=== Section Start ===

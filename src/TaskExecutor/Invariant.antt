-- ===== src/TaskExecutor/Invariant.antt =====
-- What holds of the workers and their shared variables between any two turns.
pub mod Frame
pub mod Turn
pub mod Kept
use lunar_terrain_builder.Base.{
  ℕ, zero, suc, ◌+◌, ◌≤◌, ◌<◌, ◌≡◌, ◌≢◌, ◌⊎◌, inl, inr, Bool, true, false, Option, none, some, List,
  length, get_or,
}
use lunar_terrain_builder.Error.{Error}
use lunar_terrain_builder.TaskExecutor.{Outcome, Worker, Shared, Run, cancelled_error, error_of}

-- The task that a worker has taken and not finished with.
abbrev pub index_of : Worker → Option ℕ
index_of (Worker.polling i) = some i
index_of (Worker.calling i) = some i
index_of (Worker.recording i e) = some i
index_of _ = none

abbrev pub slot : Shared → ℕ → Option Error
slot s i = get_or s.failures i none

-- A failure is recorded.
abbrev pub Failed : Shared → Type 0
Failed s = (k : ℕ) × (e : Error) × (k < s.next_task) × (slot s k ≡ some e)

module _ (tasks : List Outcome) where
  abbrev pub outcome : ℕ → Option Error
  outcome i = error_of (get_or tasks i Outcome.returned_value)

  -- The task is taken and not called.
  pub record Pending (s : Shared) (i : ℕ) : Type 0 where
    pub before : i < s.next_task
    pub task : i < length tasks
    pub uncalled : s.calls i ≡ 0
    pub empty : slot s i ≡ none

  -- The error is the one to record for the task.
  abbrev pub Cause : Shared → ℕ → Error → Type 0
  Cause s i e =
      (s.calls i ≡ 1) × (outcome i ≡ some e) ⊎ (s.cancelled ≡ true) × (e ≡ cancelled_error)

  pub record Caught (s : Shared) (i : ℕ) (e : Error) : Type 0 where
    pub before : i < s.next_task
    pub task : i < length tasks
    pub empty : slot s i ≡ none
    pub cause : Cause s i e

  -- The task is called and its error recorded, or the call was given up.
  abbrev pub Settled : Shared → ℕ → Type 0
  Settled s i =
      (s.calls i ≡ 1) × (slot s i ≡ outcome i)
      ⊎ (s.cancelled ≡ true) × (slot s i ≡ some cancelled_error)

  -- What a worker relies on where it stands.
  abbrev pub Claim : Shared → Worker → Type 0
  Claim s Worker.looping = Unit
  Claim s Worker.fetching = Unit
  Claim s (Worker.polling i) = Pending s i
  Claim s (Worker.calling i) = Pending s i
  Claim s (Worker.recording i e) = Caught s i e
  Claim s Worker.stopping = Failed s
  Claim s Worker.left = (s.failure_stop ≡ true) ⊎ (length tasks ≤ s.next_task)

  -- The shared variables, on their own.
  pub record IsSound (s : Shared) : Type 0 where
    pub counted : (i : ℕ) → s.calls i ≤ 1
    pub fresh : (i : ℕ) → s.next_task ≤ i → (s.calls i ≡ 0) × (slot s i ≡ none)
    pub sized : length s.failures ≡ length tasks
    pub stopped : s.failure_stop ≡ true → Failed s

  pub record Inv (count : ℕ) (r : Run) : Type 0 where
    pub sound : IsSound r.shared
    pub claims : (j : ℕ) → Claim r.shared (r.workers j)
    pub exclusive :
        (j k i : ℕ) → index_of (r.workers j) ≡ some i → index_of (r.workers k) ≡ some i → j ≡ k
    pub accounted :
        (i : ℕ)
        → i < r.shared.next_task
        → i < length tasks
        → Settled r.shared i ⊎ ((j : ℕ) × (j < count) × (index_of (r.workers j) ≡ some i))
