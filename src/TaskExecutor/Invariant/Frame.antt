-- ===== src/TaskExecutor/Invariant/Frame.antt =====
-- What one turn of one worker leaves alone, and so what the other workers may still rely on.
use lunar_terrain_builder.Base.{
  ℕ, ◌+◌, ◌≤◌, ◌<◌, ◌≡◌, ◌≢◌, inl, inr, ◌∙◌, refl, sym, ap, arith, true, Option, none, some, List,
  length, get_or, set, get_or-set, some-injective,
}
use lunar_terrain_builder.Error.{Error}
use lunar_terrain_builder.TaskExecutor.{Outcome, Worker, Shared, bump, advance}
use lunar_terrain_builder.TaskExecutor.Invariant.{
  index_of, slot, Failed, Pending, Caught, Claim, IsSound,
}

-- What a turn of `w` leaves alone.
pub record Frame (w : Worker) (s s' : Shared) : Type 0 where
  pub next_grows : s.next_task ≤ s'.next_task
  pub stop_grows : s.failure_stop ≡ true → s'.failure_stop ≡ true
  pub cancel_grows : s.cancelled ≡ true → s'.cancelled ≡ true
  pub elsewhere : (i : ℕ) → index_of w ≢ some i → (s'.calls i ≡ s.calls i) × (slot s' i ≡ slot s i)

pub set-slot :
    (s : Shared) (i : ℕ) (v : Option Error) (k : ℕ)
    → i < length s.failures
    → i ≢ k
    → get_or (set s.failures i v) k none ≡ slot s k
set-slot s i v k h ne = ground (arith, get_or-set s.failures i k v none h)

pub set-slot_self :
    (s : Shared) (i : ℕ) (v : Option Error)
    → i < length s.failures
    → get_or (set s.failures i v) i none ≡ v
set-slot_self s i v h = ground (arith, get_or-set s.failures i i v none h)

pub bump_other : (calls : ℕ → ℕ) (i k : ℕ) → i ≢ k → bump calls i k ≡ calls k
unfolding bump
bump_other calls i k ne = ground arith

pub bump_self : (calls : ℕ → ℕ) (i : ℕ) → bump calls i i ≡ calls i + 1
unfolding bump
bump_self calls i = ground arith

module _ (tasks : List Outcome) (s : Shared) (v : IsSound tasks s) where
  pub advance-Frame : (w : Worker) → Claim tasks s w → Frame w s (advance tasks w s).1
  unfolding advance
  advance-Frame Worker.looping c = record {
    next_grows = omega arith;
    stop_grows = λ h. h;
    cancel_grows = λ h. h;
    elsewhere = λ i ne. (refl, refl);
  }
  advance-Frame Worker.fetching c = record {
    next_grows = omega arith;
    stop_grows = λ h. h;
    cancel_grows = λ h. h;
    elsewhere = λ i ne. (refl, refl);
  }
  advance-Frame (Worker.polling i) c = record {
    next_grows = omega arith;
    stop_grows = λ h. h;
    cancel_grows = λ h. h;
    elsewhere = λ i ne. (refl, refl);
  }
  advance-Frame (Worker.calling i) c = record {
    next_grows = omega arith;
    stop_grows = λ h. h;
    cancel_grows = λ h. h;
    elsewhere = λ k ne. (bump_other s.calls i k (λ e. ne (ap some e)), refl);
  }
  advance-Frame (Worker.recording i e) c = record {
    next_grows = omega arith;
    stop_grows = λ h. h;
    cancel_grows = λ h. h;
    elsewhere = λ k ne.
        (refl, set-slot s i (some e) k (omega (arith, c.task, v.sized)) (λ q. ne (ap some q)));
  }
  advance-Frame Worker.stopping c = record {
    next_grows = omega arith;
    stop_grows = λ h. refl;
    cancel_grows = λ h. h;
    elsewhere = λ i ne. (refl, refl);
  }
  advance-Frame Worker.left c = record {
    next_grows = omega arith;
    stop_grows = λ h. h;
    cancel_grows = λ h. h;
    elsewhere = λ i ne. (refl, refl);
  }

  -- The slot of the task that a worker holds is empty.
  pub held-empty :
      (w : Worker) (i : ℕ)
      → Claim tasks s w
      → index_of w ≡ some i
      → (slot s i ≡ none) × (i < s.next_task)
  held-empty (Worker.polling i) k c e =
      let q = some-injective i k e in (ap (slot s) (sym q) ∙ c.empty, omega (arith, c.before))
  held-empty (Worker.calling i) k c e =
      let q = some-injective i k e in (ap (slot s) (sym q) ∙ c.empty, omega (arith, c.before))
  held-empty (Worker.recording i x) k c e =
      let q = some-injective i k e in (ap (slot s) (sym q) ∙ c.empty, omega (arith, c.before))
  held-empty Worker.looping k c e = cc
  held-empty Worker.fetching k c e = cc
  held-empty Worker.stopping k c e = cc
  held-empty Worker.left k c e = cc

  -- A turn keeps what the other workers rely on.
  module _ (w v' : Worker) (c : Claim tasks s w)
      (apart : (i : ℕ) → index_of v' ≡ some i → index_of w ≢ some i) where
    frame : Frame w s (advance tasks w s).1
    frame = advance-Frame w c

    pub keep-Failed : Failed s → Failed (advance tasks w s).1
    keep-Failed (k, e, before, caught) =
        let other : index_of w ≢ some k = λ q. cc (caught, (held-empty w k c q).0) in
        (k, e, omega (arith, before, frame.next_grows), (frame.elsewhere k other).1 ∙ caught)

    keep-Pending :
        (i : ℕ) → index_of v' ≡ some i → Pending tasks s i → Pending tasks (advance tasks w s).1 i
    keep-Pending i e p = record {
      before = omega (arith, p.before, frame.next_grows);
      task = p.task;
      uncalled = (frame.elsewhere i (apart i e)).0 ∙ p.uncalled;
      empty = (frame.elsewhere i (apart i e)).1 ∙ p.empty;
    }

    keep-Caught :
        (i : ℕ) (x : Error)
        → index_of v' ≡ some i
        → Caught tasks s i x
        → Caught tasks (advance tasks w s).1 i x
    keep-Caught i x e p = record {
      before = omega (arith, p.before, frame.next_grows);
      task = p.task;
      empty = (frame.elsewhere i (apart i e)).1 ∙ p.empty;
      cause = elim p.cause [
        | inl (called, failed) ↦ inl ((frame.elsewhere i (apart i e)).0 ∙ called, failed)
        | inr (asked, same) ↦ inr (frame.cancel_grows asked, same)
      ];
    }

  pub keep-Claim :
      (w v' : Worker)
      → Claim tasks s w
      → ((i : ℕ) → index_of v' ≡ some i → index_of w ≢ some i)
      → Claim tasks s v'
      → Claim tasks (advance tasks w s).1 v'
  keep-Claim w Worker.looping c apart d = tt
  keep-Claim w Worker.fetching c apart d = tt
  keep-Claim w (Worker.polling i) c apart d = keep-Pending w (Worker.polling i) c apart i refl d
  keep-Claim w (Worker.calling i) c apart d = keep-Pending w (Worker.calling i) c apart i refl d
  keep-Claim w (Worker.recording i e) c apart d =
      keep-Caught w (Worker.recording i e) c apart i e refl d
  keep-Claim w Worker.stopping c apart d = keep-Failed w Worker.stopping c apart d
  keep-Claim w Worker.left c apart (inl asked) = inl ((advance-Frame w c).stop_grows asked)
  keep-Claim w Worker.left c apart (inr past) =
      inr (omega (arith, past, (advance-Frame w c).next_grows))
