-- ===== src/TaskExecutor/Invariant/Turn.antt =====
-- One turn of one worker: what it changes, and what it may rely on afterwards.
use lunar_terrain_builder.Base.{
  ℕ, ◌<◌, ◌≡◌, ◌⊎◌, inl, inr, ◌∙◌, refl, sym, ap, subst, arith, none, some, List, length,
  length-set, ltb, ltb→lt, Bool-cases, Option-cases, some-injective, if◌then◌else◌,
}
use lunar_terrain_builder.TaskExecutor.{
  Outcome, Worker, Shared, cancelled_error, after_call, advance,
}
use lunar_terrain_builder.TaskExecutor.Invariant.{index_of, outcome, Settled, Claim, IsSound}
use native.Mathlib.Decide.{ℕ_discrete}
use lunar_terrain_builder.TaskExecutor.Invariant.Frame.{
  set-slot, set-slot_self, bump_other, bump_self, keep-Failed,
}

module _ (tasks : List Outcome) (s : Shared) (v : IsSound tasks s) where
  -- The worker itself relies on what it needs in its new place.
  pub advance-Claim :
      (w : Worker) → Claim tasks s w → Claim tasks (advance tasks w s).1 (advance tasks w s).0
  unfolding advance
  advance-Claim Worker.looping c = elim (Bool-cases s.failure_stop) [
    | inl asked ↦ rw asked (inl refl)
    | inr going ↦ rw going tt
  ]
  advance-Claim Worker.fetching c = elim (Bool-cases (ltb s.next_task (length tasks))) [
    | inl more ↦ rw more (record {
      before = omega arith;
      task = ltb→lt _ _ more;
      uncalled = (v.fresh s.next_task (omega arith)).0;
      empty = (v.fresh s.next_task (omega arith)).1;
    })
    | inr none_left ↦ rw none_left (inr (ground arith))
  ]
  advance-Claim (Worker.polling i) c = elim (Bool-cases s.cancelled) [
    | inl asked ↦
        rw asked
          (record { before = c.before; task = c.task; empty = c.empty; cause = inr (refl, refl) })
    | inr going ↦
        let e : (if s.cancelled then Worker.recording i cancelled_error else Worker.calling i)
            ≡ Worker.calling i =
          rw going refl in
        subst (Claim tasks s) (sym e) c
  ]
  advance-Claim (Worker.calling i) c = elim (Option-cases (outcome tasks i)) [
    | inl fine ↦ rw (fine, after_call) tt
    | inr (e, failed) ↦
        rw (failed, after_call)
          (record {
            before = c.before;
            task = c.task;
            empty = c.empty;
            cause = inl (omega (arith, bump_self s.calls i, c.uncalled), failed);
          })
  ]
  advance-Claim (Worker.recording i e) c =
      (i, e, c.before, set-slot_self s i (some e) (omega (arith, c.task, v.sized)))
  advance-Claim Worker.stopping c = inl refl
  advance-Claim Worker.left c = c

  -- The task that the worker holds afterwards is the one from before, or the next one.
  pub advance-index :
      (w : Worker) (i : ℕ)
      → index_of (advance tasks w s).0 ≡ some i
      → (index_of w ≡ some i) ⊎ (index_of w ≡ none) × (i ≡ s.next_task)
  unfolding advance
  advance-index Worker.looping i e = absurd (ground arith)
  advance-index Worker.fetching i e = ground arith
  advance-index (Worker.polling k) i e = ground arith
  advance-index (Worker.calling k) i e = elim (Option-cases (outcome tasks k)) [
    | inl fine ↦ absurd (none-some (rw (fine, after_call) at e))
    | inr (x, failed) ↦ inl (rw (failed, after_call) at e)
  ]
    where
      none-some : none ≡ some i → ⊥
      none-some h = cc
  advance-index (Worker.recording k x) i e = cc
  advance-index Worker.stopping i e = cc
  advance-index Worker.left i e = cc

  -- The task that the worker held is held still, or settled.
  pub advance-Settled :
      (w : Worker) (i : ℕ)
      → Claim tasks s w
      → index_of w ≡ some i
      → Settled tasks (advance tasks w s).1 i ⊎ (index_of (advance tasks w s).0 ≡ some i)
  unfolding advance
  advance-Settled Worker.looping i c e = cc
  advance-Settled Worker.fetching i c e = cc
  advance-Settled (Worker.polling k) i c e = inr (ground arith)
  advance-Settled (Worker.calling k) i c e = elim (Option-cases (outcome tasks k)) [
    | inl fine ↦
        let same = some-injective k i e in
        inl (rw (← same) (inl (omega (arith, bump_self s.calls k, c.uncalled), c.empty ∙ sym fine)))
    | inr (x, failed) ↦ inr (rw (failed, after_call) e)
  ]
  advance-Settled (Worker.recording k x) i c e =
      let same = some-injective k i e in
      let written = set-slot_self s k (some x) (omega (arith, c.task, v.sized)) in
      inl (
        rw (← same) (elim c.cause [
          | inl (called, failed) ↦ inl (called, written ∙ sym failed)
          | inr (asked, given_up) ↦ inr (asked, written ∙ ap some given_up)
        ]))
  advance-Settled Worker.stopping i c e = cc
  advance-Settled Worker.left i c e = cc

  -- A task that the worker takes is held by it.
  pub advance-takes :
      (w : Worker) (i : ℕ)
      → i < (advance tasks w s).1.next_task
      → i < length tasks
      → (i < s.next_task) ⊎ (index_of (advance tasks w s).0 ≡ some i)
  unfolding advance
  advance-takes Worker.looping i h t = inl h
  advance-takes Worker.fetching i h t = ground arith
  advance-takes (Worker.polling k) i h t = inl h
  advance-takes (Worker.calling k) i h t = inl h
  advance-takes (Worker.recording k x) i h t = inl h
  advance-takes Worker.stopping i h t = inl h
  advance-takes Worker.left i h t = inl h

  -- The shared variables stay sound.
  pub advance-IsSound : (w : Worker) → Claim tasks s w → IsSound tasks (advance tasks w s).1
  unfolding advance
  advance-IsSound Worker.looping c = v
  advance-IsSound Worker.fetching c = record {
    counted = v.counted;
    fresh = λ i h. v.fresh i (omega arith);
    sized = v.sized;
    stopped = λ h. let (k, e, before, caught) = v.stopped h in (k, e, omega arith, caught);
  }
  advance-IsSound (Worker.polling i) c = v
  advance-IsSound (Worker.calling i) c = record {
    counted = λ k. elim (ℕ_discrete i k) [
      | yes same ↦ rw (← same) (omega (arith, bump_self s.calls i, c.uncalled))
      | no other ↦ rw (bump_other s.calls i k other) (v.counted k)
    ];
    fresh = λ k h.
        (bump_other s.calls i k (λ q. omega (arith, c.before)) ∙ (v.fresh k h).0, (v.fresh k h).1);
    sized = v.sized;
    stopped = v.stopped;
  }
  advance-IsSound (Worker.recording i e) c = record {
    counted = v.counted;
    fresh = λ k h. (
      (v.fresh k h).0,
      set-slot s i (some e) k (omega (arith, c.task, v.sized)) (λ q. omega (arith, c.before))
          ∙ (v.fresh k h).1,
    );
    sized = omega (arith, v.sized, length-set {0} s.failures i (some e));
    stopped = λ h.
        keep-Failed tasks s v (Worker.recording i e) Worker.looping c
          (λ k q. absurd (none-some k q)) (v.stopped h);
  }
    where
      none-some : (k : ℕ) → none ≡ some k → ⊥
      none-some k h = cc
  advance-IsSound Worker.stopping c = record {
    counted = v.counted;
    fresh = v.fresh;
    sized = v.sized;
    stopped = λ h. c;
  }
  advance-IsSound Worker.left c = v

=== Section End ===

Take the word "filename" and find each line of the material that contains it. Copy those lines.

__Task result__:
filename src/TaskExecutor/Invariant.antt
filename src/TaskExecutor/Invariant/Frame.antt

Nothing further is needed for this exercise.